=== PROBLEM STATEMENT ===
Below are some records. Print exactly the lines between the one holding "limit_of (pos zero) = max_json_bytes" and the one holding "is_bad_limit (negsuc n) = true", inclusive, and nothing else.

[RECORDED INFORMATION Boundary: Start]

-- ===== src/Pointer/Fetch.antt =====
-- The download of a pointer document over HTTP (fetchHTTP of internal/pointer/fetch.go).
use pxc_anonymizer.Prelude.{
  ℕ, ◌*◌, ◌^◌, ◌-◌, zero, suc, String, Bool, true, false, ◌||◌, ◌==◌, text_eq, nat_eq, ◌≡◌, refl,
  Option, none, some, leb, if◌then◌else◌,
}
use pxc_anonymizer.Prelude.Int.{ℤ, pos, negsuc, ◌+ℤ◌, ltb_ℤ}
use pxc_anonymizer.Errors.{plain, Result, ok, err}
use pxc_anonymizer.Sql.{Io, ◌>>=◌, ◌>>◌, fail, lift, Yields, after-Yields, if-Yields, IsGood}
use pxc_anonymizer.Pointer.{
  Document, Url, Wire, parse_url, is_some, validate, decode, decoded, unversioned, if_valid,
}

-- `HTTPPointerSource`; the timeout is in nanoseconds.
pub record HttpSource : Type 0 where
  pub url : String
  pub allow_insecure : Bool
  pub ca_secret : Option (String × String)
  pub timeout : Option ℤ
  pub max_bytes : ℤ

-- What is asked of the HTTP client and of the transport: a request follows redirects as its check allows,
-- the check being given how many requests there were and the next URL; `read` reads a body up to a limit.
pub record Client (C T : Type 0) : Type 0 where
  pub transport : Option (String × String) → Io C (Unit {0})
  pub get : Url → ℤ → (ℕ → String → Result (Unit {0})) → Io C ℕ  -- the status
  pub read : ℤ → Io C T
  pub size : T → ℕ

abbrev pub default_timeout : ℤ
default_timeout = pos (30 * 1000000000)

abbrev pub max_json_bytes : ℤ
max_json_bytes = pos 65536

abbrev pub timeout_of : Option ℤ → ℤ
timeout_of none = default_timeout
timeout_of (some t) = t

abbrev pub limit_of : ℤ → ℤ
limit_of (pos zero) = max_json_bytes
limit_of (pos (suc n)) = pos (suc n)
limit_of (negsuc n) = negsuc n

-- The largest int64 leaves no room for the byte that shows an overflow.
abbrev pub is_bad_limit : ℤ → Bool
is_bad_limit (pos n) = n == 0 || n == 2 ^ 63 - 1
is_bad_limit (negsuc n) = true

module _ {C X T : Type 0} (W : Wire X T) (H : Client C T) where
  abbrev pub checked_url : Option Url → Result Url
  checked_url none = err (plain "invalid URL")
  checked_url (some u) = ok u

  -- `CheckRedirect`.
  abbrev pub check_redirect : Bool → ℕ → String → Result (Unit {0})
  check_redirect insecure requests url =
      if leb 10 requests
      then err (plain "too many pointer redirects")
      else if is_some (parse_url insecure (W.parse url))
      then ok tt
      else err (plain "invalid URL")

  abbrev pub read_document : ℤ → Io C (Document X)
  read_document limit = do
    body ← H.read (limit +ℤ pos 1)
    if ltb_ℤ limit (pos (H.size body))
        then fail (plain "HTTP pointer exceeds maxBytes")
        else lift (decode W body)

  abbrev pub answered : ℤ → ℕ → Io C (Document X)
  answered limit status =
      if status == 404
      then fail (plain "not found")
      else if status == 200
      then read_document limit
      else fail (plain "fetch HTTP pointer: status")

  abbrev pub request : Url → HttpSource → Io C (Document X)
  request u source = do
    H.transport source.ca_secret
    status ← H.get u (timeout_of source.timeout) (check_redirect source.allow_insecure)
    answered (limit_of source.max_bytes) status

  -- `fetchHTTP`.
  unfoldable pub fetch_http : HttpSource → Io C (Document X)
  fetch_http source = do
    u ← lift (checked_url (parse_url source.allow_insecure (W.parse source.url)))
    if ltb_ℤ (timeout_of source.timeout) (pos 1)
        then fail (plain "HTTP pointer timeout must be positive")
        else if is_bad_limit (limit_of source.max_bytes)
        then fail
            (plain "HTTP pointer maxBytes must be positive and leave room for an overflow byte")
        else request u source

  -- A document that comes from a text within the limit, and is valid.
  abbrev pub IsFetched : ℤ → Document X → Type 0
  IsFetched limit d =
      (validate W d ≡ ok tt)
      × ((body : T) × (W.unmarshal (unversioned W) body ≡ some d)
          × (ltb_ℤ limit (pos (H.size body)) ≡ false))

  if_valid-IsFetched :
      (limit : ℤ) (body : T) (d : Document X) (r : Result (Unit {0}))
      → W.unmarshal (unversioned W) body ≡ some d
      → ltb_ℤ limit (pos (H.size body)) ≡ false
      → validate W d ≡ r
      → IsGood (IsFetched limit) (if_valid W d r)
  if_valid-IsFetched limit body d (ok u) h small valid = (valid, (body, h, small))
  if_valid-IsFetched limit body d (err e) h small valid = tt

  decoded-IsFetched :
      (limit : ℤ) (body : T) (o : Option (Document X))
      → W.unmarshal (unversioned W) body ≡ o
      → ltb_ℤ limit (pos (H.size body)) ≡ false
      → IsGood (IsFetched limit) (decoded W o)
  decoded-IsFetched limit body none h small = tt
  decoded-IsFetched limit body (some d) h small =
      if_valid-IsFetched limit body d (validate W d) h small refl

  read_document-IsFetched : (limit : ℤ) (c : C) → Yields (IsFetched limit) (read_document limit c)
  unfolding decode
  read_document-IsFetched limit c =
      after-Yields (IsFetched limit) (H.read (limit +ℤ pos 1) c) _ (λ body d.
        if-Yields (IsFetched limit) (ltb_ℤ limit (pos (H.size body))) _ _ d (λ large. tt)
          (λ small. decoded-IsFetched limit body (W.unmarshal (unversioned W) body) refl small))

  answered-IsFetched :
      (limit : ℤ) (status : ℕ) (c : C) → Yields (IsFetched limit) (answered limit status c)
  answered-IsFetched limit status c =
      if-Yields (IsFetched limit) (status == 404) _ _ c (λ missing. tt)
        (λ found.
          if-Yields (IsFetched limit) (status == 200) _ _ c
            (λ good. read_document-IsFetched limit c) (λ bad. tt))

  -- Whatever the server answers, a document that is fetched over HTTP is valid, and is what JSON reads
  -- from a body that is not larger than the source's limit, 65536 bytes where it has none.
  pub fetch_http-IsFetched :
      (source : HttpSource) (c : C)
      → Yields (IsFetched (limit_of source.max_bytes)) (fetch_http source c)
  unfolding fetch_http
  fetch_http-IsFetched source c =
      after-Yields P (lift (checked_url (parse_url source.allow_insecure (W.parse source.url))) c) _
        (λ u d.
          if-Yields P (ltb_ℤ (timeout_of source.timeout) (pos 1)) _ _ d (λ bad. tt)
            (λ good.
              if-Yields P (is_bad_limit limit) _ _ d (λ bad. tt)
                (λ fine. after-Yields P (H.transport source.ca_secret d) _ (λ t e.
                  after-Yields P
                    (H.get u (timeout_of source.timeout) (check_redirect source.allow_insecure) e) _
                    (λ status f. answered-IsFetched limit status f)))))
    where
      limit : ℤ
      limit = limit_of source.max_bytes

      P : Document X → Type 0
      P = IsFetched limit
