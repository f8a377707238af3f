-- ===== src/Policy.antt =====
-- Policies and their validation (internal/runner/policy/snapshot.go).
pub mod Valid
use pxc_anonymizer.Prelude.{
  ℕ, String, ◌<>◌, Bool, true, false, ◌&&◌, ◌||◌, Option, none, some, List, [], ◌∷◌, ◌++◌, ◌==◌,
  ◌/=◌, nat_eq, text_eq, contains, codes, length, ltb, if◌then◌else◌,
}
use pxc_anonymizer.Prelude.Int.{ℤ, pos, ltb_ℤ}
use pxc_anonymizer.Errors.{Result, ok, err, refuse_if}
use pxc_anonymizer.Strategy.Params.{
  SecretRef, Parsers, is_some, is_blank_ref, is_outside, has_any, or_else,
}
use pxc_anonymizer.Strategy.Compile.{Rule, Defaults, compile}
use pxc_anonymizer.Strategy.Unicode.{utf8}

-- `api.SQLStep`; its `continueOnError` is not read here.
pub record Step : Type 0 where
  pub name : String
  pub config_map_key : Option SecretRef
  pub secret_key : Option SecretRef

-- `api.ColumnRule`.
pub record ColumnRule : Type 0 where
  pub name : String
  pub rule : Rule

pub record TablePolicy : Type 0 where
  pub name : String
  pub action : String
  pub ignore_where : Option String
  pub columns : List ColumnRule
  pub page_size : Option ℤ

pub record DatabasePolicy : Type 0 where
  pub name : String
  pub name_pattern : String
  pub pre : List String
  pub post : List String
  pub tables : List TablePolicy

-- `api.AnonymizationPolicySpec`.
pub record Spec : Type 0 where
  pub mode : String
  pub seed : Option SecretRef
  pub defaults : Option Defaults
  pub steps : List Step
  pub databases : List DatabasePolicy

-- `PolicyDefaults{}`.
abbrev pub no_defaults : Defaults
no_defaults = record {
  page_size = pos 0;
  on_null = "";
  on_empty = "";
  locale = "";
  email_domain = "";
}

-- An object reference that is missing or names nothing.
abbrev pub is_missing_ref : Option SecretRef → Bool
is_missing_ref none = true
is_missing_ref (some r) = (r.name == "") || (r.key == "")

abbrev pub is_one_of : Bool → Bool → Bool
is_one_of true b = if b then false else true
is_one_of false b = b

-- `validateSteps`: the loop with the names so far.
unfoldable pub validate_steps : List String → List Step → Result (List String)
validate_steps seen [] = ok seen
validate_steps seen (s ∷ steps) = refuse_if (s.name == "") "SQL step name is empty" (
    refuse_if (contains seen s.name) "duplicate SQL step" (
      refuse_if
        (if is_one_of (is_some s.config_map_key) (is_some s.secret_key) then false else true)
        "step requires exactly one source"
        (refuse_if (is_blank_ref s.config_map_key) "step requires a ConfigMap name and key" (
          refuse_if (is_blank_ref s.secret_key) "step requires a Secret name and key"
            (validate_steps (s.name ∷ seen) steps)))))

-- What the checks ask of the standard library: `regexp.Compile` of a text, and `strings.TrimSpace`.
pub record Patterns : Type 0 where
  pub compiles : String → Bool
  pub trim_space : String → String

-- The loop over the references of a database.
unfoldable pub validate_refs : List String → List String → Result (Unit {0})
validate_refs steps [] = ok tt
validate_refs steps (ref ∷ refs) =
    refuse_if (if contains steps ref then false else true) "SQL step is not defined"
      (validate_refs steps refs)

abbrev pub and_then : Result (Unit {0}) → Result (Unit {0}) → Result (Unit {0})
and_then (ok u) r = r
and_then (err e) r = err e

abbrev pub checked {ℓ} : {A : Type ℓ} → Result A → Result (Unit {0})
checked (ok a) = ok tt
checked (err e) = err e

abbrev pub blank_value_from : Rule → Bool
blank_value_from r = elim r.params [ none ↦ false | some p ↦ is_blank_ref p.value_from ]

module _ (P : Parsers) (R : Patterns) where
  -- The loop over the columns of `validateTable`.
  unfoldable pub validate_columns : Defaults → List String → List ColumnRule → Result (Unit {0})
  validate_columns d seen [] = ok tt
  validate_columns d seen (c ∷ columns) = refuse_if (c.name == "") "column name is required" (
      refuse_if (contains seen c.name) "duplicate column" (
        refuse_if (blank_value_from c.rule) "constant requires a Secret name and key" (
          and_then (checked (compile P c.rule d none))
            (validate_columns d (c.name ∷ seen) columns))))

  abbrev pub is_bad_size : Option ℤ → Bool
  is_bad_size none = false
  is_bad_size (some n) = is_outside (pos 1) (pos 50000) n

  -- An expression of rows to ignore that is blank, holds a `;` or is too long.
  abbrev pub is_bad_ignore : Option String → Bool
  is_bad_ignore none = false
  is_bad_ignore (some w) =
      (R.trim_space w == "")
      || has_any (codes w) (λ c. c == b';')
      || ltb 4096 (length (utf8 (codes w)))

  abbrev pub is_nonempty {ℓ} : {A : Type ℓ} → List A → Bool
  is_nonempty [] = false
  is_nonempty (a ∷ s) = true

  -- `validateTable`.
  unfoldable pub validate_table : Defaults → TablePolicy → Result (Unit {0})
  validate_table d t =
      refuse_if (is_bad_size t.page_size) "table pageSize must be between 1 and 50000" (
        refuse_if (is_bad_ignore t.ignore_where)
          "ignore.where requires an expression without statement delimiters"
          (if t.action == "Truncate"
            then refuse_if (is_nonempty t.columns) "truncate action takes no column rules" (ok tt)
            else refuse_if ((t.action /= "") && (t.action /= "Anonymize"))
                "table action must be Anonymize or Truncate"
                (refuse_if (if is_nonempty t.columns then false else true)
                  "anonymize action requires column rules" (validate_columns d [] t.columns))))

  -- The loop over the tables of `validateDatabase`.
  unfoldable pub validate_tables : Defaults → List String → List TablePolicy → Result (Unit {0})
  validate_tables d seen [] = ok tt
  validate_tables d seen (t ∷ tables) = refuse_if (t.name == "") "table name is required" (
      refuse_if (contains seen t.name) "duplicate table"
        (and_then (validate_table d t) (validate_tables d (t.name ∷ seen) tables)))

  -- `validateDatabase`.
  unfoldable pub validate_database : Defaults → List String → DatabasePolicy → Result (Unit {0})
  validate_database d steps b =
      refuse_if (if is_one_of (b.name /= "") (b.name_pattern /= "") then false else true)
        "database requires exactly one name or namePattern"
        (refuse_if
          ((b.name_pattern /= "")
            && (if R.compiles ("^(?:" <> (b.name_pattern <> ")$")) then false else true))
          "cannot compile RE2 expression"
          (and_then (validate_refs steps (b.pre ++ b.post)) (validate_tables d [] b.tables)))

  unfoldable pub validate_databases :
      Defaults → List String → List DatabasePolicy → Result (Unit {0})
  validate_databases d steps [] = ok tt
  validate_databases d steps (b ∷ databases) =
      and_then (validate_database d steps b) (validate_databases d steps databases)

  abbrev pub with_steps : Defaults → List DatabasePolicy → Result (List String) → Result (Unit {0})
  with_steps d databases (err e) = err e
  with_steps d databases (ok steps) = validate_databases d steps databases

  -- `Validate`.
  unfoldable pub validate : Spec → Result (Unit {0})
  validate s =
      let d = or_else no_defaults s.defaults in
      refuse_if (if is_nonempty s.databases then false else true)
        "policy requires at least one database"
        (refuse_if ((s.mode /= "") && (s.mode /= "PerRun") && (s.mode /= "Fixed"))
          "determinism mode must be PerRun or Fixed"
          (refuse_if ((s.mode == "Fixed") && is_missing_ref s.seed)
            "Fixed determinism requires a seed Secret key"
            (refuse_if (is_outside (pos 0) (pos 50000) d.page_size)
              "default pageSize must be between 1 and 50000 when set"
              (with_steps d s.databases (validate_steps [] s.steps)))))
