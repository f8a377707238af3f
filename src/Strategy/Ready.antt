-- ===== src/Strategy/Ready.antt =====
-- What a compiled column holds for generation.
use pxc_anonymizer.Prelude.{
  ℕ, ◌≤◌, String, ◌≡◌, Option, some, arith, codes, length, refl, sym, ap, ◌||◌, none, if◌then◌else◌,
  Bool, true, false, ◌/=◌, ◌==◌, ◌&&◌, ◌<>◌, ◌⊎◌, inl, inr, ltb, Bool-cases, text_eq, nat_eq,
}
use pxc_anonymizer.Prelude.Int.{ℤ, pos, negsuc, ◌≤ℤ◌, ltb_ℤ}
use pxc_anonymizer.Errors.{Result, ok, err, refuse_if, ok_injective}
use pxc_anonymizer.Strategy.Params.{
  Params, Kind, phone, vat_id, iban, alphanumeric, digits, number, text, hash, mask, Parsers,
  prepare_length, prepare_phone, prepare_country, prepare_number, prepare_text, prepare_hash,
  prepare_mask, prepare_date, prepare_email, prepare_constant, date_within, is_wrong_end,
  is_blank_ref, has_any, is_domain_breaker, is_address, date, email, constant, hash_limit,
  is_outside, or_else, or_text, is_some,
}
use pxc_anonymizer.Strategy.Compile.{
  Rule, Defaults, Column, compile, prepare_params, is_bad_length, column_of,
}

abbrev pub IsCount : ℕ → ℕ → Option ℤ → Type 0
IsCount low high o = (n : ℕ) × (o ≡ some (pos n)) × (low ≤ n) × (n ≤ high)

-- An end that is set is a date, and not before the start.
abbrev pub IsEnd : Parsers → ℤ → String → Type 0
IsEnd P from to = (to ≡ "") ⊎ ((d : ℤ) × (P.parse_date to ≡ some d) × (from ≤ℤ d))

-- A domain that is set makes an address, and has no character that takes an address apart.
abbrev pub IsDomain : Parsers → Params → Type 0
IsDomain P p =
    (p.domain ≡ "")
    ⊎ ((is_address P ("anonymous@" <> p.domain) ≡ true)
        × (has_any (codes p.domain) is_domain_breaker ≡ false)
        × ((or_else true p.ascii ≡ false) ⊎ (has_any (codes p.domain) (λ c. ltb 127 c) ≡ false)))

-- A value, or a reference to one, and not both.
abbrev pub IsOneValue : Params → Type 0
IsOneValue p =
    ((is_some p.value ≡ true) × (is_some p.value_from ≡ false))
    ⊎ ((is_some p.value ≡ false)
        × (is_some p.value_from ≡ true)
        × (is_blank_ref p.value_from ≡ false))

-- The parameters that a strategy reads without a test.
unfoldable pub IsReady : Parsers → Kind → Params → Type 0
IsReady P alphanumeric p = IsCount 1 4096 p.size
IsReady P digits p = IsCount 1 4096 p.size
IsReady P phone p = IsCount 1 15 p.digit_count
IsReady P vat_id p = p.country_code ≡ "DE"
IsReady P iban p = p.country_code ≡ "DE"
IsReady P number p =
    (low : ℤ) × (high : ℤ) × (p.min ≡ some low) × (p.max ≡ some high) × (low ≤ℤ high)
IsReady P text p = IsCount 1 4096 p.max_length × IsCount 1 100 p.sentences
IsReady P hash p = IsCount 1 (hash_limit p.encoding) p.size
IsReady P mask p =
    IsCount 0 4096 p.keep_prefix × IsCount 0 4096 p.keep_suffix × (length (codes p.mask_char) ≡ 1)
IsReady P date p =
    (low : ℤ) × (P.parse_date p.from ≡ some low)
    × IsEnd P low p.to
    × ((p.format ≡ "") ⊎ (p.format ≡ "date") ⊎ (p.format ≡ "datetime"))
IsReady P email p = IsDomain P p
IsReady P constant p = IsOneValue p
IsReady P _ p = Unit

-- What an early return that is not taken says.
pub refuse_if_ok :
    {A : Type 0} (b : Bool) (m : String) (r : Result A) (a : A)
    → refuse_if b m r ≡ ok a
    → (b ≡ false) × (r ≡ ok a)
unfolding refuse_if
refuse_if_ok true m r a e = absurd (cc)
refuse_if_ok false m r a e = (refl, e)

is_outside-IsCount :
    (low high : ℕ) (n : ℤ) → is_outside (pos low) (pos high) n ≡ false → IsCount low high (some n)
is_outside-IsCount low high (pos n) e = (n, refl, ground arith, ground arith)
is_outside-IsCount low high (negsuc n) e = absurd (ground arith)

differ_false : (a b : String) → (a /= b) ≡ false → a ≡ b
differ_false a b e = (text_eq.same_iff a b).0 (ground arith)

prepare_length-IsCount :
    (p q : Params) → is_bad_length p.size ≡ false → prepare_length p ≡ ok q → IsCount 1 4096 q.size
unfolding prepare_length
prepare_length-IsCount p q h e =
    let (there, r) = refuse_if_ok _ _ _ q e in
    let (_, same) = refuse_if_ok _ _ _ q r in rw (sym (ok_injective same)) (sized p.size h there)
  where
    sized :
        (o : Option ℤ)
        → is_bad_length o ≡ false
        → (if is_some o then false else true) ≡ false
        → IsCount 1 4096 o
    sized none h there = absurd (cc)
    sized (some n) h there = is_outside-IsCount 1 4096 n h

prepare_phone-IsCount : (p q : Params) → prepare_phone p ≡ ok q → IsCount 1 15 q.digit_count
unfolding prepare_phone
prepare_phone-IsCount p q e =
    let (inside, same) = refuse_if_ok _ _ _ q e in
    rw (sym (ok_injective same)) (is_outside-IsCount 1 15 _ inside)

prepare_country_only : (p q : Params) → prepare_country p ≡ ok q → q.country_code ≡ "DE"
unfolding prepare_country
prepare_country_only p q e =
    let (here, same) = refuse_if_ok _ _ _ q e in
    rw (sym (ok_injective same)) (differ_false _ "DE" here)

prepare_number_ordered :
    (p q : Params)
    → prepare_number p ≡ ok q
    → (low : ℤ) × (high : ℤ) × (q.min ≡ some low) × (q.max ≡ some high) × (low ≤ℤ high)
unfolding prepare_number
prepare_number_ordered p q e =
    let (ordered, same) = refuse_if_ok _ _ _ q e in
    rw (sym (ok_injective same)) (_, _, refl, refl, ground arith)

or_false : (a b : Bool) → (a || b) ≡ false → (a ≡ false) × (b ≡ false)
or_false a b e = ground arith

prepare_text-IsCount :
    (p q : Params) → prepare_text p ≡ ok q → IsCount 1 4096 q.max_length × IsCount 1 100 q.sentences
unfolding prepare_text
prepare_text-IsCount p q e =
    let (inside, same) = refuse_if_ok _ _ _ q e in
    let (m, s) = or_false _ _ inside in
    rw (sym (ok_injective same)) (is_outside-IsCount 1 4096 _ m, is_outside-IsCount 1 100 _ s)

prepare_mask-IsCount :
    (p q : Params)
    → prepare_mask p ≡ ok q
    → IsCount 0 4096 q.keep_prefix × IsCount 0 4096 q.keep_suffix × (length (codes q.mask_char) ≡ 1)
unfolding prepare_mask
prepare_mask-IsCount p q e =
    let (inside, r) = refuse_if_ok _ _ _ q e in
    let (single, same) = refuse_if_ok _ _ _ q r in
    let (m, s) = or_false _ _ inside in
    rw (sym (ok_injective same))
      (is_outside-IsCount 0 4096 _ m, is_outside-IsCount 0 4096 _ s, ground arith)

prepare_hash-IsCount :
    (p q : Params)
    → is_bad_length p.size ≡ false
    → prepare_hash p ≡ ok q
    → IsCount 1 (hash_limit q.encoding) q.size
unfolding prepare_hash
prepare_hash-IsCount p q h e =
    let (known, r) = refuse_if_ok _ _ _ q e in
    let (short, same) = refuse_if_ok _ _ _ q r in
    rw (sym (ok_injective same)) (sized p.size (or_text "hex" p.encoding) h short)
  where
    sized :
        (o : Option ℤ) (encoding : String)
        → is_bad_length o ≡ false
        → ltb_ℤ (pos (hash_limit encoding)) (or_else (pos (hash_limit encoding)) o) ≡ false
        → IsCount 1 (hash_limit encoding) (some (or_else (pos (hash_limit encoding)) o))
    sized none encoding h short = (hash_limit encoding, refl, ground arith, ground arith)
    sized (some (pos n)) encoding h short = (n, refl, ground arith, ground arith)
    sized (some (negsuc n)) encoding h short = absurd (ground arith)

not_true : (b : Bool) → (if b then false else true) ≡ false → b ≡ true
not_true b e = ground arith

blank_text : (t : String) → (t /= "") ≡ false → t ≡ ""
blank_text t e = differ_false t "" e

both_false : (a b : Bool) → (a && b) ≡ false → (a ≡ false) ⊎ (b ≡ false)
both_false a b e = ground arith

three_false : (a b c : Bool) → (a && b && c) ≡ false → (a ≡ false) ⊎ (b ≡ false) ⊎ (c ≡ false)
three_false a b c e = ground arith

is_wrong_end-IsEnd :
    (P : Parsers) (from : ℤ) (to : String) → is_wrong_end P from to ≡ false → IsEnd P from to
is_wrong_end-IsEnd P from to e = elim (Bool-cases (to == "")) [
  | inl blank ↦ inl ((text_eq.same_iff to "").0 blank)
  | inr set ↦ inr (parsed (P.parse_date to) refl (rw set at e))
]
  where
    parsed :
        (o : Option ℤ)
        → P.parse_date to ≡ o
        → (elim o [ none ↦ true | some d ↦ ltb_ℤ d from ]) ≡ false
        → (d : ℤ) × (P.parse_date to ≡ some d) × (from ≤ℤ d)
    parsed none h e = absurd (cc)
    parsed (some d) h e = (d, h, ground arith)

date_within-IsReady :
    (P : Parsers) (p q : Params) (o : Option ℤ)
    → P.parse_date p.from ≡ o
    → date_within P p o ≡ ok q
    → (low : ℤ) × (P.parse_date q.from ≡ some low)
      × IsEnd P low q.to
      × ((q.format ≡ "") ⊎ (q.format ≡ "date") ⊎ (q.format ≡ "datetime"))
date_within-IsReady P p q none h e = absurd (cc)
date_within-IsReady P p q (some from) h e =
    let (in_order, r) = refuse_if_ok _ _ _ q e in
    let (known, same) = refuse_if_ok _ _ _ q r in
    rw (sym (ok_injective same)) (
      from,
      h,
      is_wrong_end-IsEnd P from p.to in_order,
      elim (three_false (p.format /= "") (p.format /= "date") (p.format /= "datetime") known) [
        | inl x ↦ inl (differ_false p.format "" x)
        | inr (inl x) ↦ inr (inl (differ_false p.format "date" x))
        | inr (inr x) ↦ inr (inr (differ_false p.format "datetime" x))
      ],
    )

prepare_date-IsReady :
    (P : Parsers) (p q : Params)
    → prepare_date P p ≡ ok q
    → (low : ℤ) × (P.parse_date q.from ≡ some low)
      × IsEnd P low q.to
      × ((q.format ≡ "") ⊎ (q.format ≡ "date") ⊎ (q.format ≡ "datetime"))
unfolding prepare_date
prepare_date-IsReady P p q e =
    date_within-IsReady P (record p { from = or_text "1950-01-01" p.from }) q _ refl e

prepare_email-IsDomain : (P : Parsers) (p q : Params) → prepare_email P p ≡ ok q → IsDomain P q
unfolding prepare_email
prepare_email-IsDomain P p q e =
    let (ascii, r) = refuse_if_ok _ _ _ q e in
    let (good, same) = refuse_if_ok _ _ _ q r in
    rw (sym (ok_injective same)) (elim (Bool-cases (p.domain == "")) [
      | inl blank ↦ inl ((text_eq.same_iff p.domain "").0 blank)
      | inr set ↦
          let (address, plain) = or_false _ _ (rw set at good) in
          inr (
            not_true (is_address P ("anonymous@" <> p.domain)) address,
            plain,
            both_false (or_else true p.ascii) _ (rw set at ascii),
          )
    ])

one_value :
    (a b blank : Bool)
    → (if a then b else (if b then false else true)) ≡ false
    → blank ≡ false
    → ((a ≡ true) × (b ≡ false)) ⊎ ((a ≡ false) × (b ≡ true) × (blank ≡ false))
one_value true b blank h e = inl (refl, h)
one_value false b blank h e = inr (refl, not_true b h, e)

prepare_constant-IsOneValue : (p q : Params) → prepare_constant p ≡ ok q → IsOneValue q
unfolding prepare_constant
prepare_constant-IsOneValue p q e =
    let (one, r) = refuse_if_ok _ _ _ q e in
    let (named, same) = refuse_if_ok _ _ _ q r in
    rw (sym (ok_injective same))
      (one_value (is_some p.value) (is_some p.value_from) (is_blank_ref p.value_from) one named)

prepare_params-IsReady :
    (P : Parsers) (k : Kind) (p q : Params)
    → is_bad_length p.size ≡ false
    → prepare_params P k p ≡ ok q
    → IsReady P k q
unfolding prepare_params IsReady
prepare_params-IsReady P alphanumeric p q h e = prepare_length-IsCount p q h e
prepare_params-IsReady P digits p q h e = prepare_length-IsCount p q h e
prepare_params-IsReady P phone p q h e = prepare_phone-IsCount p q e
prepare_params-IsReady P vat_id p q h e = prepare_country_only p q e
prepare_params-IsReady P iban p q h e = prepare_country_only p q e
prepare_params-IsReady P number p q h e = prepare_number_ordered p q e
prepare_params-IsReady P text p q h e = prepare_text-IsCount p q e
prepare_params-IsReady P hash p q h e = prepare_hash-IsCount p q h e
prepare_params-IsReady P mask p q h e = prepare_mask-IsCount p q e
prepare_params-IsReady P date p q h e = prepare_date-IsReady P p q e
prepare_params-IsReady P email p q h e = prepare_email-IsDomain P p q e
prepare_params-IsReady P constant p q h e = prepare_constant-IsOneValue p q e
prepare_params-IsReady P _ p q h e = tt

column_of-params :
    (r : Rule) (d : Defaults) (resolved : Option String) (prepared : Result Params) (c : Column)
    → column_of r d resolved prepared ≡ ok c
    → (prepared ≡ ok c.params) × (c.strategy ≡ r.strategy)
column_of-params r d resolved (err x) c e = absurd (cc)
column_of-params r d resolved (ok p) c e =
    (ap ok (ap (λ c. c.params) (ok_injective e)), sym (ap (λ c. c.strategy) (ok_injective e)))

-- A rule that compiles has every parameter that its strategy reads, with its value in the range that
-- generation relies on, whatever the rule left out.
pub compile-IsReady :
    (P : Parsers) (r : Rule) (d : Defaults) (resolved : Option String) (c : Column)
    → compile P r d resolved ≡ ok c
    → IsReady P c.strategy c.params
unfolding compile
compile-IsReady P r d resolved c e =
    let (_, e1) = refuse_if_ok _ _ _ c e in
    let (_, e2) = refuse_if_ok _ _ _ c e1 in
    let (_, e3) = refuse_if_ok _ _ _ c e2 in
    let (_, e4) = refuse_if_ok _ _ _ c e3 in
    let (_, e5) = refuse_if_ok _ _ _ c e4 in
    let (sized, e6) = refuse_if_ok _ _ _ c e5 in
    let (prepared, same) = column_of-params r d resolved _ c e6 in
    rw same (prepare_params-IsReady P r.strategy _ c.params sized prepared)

[RECORDED INFORMATION Boundary: End]

=== TASK RESPONSE ===
limit_of (pos zero) = max_json_bytes
limit_of (pos (suc n)) = pos (suc n)
limit_of (negsuc n) = negsuc n

-- The largest int64 leaves no room for the byte that shows an overflow.
abbrev pub is_bad_limit : ℤ → Bool
is_bad_limit (pos n) = n == 0 || n == 2 ^ 63 - 1
is_bad_limit (negsuc n) = true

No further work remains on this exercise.